Bug 127484

Summary: [timecounters] Drift problem with FreeBSD 7.0 and 7.1 PRERELEASE
Product: Base System Reporter: Torbjorn Granlund <tg.at.swox.com>
Component: amd64Assignee: freebsd-amd64 (Nobody) <amd64>
Status: Closed FIXED    
Severity: Affects Only Me    
Priority: Normal    
Version: Unspecified   
Hardware: Any   
OS: Any   

Description Torbjorn Granlund freebsd_committer freebsd_triage 2008-09-18 22:40:01 UTC
The clock on this system goes several percent too slowly.

I have tried all available timecounters (the default HPET, as well as
ACPI-safe and i8254.  TSC strangely says (-100) which might suggest
it is not reliable on this system.

The clock drift problem seems to be exactly the same with all
timecounters.

I have also tried setting kern.hz to 100 (in /boot/loader.conf) without
any improvements.

kern.timecounter.choice: TSC(-100) HPET(900) ACPI-safe(850) i8254(0) dummy(-1000000)

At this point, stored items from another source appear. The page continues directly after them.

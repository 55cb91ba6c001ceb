-- ===== src/Policy/Quorum.antt =====
-- policy-verify.mjs, `verifyEnvelopeSigs`: what its count is a count of.
use mathlib.Core.List.{Memᴰ}
use enclave_gateway.Base.{
  All, Bool-cases, take, ◌&&◌, suc, zero, false, none, refl, Bool, sym, String, List, Option, inr,
  inl, arith, ◌≡◌, true, ◌∷◌, [], some, ℕ, Option-cases,
}
use enclave_gateway.Policy.Json.{Value}
use enclave_gateway.Policy.Core.{has_id, distinct, id_of, same_value, property}
use enclave_gateway.Policy.Row.{
  verify_envelope_sigs, count_sig, count_sigs, Signature, by_id, is_checked_kind,
}

module _ (date : Value → Option ℕ) (sha256 : String → String)
    (counts : String → String → Signature → Value → Value → Bool) (action ph : String)
    (trusted : List Value) (issued : Value) where
  -- A signature of the list counts for the id: it is by a trusted signer of that id and of its kind.
  pub record Vouched (sigs : List (Option Signature)) (id : Value) : Type 0 where
    pub sig : Signature
    pub given : Memᴰ (some sig) sigs
    pub names : sig.signer_id ≡ id
    pub signer : Value
    pub trusted_signer : Memᴰ signer trusted
    pub signer_id : same_value id (id_of signer) ≡ true
    pub kind : same_value (property "kind" signer) sig.kind ≡ true
    pub checked_kind : is_checked_kind sig.kind ≡ true
    pub valid : counts action ph sig signer issued ≡ true

by_id_sound :
    (trusted : List Value) (id : Value) {s : Value}
    → by_id trusted id ≡ some s
    → Memᴰ s trusted × (same_value id (id_of s) ≡ true)
unfolding by_id
by_id_sound [] id e = cc
by_id_sound (t ∷ ts) id {s} e = elim (Option-cases (by_id ts id)) [
  | inl missing ↦
      let same : t ≡ s = ground arith in (Memᴰ.head (sym same), rw (← same) (ground arith))
  | inr (u, found) ↦
      let same : u ≡ s = ground arith in
      let (m, t') = by_id_sound ts id found in (rw (← same) (Memᴰ.tail m), rw (← same) t')
]

mem-take {ℓ} : {A : Type ℓ} {x : A} (n : ℕ) (xs : List A) → Memᴰ x (take n xs) → Memᴰ x xs
mem-take zero xs m = elim m [ ]
mem-take (suc n) [] m = elim m [ ]
mem-take (suc n) (y ∷ xs) (Memᴰ.head e) = Memᴰ.head e
mem-take (suc n) (y ∷ xs) (Memᴰ.tail m) = Memᴰ.tail (mem-take n xs m)

module _ (date : Value → Option ℕ) (sha256 : String → String)
    (counts : String → String → Signature → Value → Value → Bool) (action ph : String)
    (trusted : List Value) (issued : Value) (sigs : List (Option Signature)) where
  -- The ids are distinct, and each is vouched for.
  pub record Quorum (ids : List Value) : Type 0 where
    pub different : distinct ids ≡ true
    pub vouched : All (Vouched date sha256 counts action ph trusted issued sigs) ids

  added-Quorum :
      (valid : List Value) (sig : Signature) (found : Option Value)
      → Memᴰ (some sig) sigs
      → Quorum valid
      → has_id valid sig.signer_id ≡ false
      → by_id trusted sig.signer_id ≡ found
      → Quorum (count_sig date sha256 counts action ph trusted issued valid (some sig))
  unfolding count_sig
  added-Quorum valid sig none m q fresh f = rw (fresh, f, count_sig) q
  added-Quorum valid sig (some signer) m q fresh f =
      elim (Bool-cases (
        same_value (property "kind" signer) sig.kind
        && is_checked_kind sig.kind
        && counts action ph sig signer issued)) [
          | inl good ↦
              let (trusted_signer, same) = by_id_sound trusted sig.signer_id f in
              rw (fresh, f, good, count_sig)
                (record {
                  different = ground (arith, q.different);
                  vouched = (
                    record {
                      sig = sig;
                      given = m;
                      names = refl;
                      signer = signer;
                      trusted_signer = trusted_signer;
                      signer_id = same;
                      kind = ground arith;
                      checked_kind = ground arith;
                      valid = ground arith;
                    },
                    q.vouched,
                  );
                })
          | inr bad ↦ rw (fresh, f, bad, count_sig) q
        ]

  count_sig-Quorum :
      (valid : List Value) (o : Option Signature)
      → Memᴰ o sigs
      → Quorum valid
      → Quorum (count_sig date sha256 counts action ph trusted issued valid o)
  count_sig-Quorum valid none m q = unfold count_sig in q
  count_sig-Quorum valid (some sig) m q = elim (Bool-cases (has_id valid sig.signer_id)) [
    | inl old ↦ unfold count_sig in rw old q
    | inr fresh ↦ added-Quorum valid sig (by_id trusted sig.signer_id) m q fresh refl
  ]

  count_sigs-Quorum :
      (ss : List (Option Signature)) (valid : List Value)
      → ((o : Option Signature) → Memᴰ o ss → Memᴰ o sigs)
      → Quorum valid
      → Quorum (count_sigs date sha256 counts action ph trusted issued valid ss)
  unfolding count_sigs
  count_sigs-Quorum [] valid within q = q
  count_sigs-Quorum (o ∷ ss) valid within q =
      count_sigs-Quorum ss (count_sig date sha256 counts action ph trusted issued valid o)
        (λ x m. within x (Memᴰ.tail m)) (count_sig-Quorum valid o (within o (Memᴰ.head refl)) q)

  -- What is counted are distinct ids, each of a trusted signer, with a signature among those given
  -- that is of the signer's kind and passes its check.
  pub verify_envelope_sigs-Quorum :
      Quorum (verify_envelope_sigs date sha256 counts action ph sigs trusted issued)
  unfolding verify_envelope_sigs
  verify_envelope_sigs-Quorum =
      count_sigs-Quorum (take 16 sigs) [] (λ o m. mem-take 16 sigs m)
        (record { different = refl; vouched = tt })
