-- ===== src/Policy/Unchanged.antt =====
-- policy-verify.mjs, `verifyDelta`: the fields that a change leaves alone, by a table of their own.
use enclave_gateway.Base.{
  not, ℕ, List, Option, ◌&&◌, arith, ◌≡◌, false, true, ok, ◌∷◌, [], first_ok, second_ok, All,
  throw_if,
}
use enclave_gateway.Policy.Json.{Value, canonical_eq}
use enclave_gateway.Policy.Core.{Core, PolicyField, get}
use enclave_gateway.Policy.Action.{Action, DeltaError}
use enclave_gateway.Policy.Delta.{verify_delta, same_except, same_fields, includes, all_fields}

abbrev pub may_change : Action → List PolicyField
may_change Action.set_whitelist = PolicyField.whitelist ∷ []
may_change Action.set_threshold = PolicyField.threshold ∷ []
may_change Action.allow_reset = PolicyField.reset_allowed_until ∷ []
may_change Action.protect_reset = PolicyField.reset_allowed_until ∷ []
may_change Action.disconnect = []
may_change Action.set_contest_protection = PolicyField.contest_protection ∷ []
may_change Action.set_allow_ip_jumping = PolicyField.allow_ip_jumping ∷ []
may_change Action.set_locality_allowlist = PolicyField.locality_allowlist ∷ []
may_change Action.set_travel_mode = PolicyField.travel_mode ∷ []
may_change Action.set_country_allowlist = PolicyField.country_allowlist ∷ []
may_change Action.set_travel_window = PolicyField.travel_until ∷ []
may_change Action.open_enroll = PolicyField.enroll_until ∷ []
may_change Action.remove_key = PolicyField.signers ∷ PolicyField.threshold ∷ []
may_change Action.add_key = PolicyField.signers ∷ []
may_change Action.arm = []
may_change (Action.unknown s) = []

abbrev Pinned : List PolicyField → Core → Core → PolicyField → Type 0
Pinned changed prev core f =
    includes changed f ≡ false → canonical_eq (get f prev) (get f core) ≡ true

same_fields_sound :
    (changed : List PolicyField) (prev core : Core) (fs : List PolicyField)
    → same_fields changed prev core fs ≡ ok tt
    → All (Pinned changed prev core) fs
unfolding same_fields
same_fields_sound changed prev core [] e = tt
same_fields_sound changed prev core (f ∷ fs) e =
    let test =
      throw_if (not (includes changed f) && not (canonical_eq (get f prev) (get f core)))
        (DeltaError.may_not_change f) in
    let first : test ≡ ok tt = first_ok test (same_fields changed prev core fs) e in
    (
      λ out. ground arith,
      same_fields_sound changed prev core fs (second_ok test (same_fields changed prev core fs) e),
    )

All-all_fields {ℓ} : (P : PolicyField → Type ℓ) → All P all_fields → (f : PolicyField) → P f
All-all_fields P h PolicyField.whitelist = h.0
All-all_fields P h PolicyField.threshold = h.1.0
All-all_fields P h PolicyField.reset_allowed_until = h.1.1.0
All-all_fields P h PolicyField.signers = h.1.1.1.0
All-all_fields P h PolicyField.contest_protection = h.1.1.1.1.0
All-all_fields P h PolicyField.allow_ip_jumping = h.1.1.1.1.1.0
All-all_fields P h PolicyField.enroll_until = h.1.1.1.1.1.1.0
All-all_fields P h PolicyField.locality_allowlist = h.1.1.1.1.1.1.1.0
All-all_fields P h PolicyField.travel_mode = h.1.1.1.1.1.1.1.1.0
All-all_fields P h PolicyField.country_allowlist = h.1.1.1.1.1.1.1.1.1.0
All-all_fields P h PolicyField.travel_until = h.1.1.1.1.1.1.1.1.1.1.0

pub verify_delta-same_except :
    (date : Value → Option ℕ) (action : Action) (prev core : Core)
    → verify_delta date action prev core ≡ ok tt
    → same_except prev core (may_change action) ≡ ok tt
unfolding verify_delta
verify_delta-same_except date Action.set_whitelist prev core e = e
verify_delta-same_except date Action.disconnect prev core e = e
verify_delta-same_except date Action.arm prev core e = cc
verify_delta-same_except date (Action.unknown s) prev core e = cc
verify_delta-same_except date action prev core e = first_ok _ _ e

-- If a delta is verified, every policy field outside those that its action may change is canonically
-- the same in the two cores: one approval cannot carry a second change.
pub verify_delta_pinned :
    (date : Value → Option ℕ) (action : Action) (prev core : Core)
    → verify_delta date action prev core ≡ ok tt
    → (f : PolicyField) → includes (may_change action) f ≡ false
    → canonical_eq (get f prev) (get f core) ≡ true
unfolding same_except
verify_delta_pinned date action prev core e f out =
    All-all_fields (Pinned (may_change action) prev core)
      (same_fields_sound (may_change action) prev core all_fields
        (verify_delta-same_except date action prev core e))
      f out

Motherboard: ASUS M3A78-EMH HDMI
CPU: AMD Phenom 9750  (2.4 GHz x 4)

I have run FreeBSD for 13 years on countless systems and have never
experienced clock drift problems with it.  Could this be a hardware
problem?
Comment 1 pvanberlo 2008-09-27 08:52:00 UTC
Hello,

I'm experiencing the exact same issue on 7.0/amd64. I have an Asrock
A780FullDisplayPort mainboard (with an AMD Athlon64 X2 CPU, CnQ
disabled, so the CPU doesn't throttle and always runs at 2.0Ghz, tested
with both ACPI HPET enabled and disabled in bios), and looking at NTP it
appears my clock is between 1-3 seconds slow each time it synchronizes.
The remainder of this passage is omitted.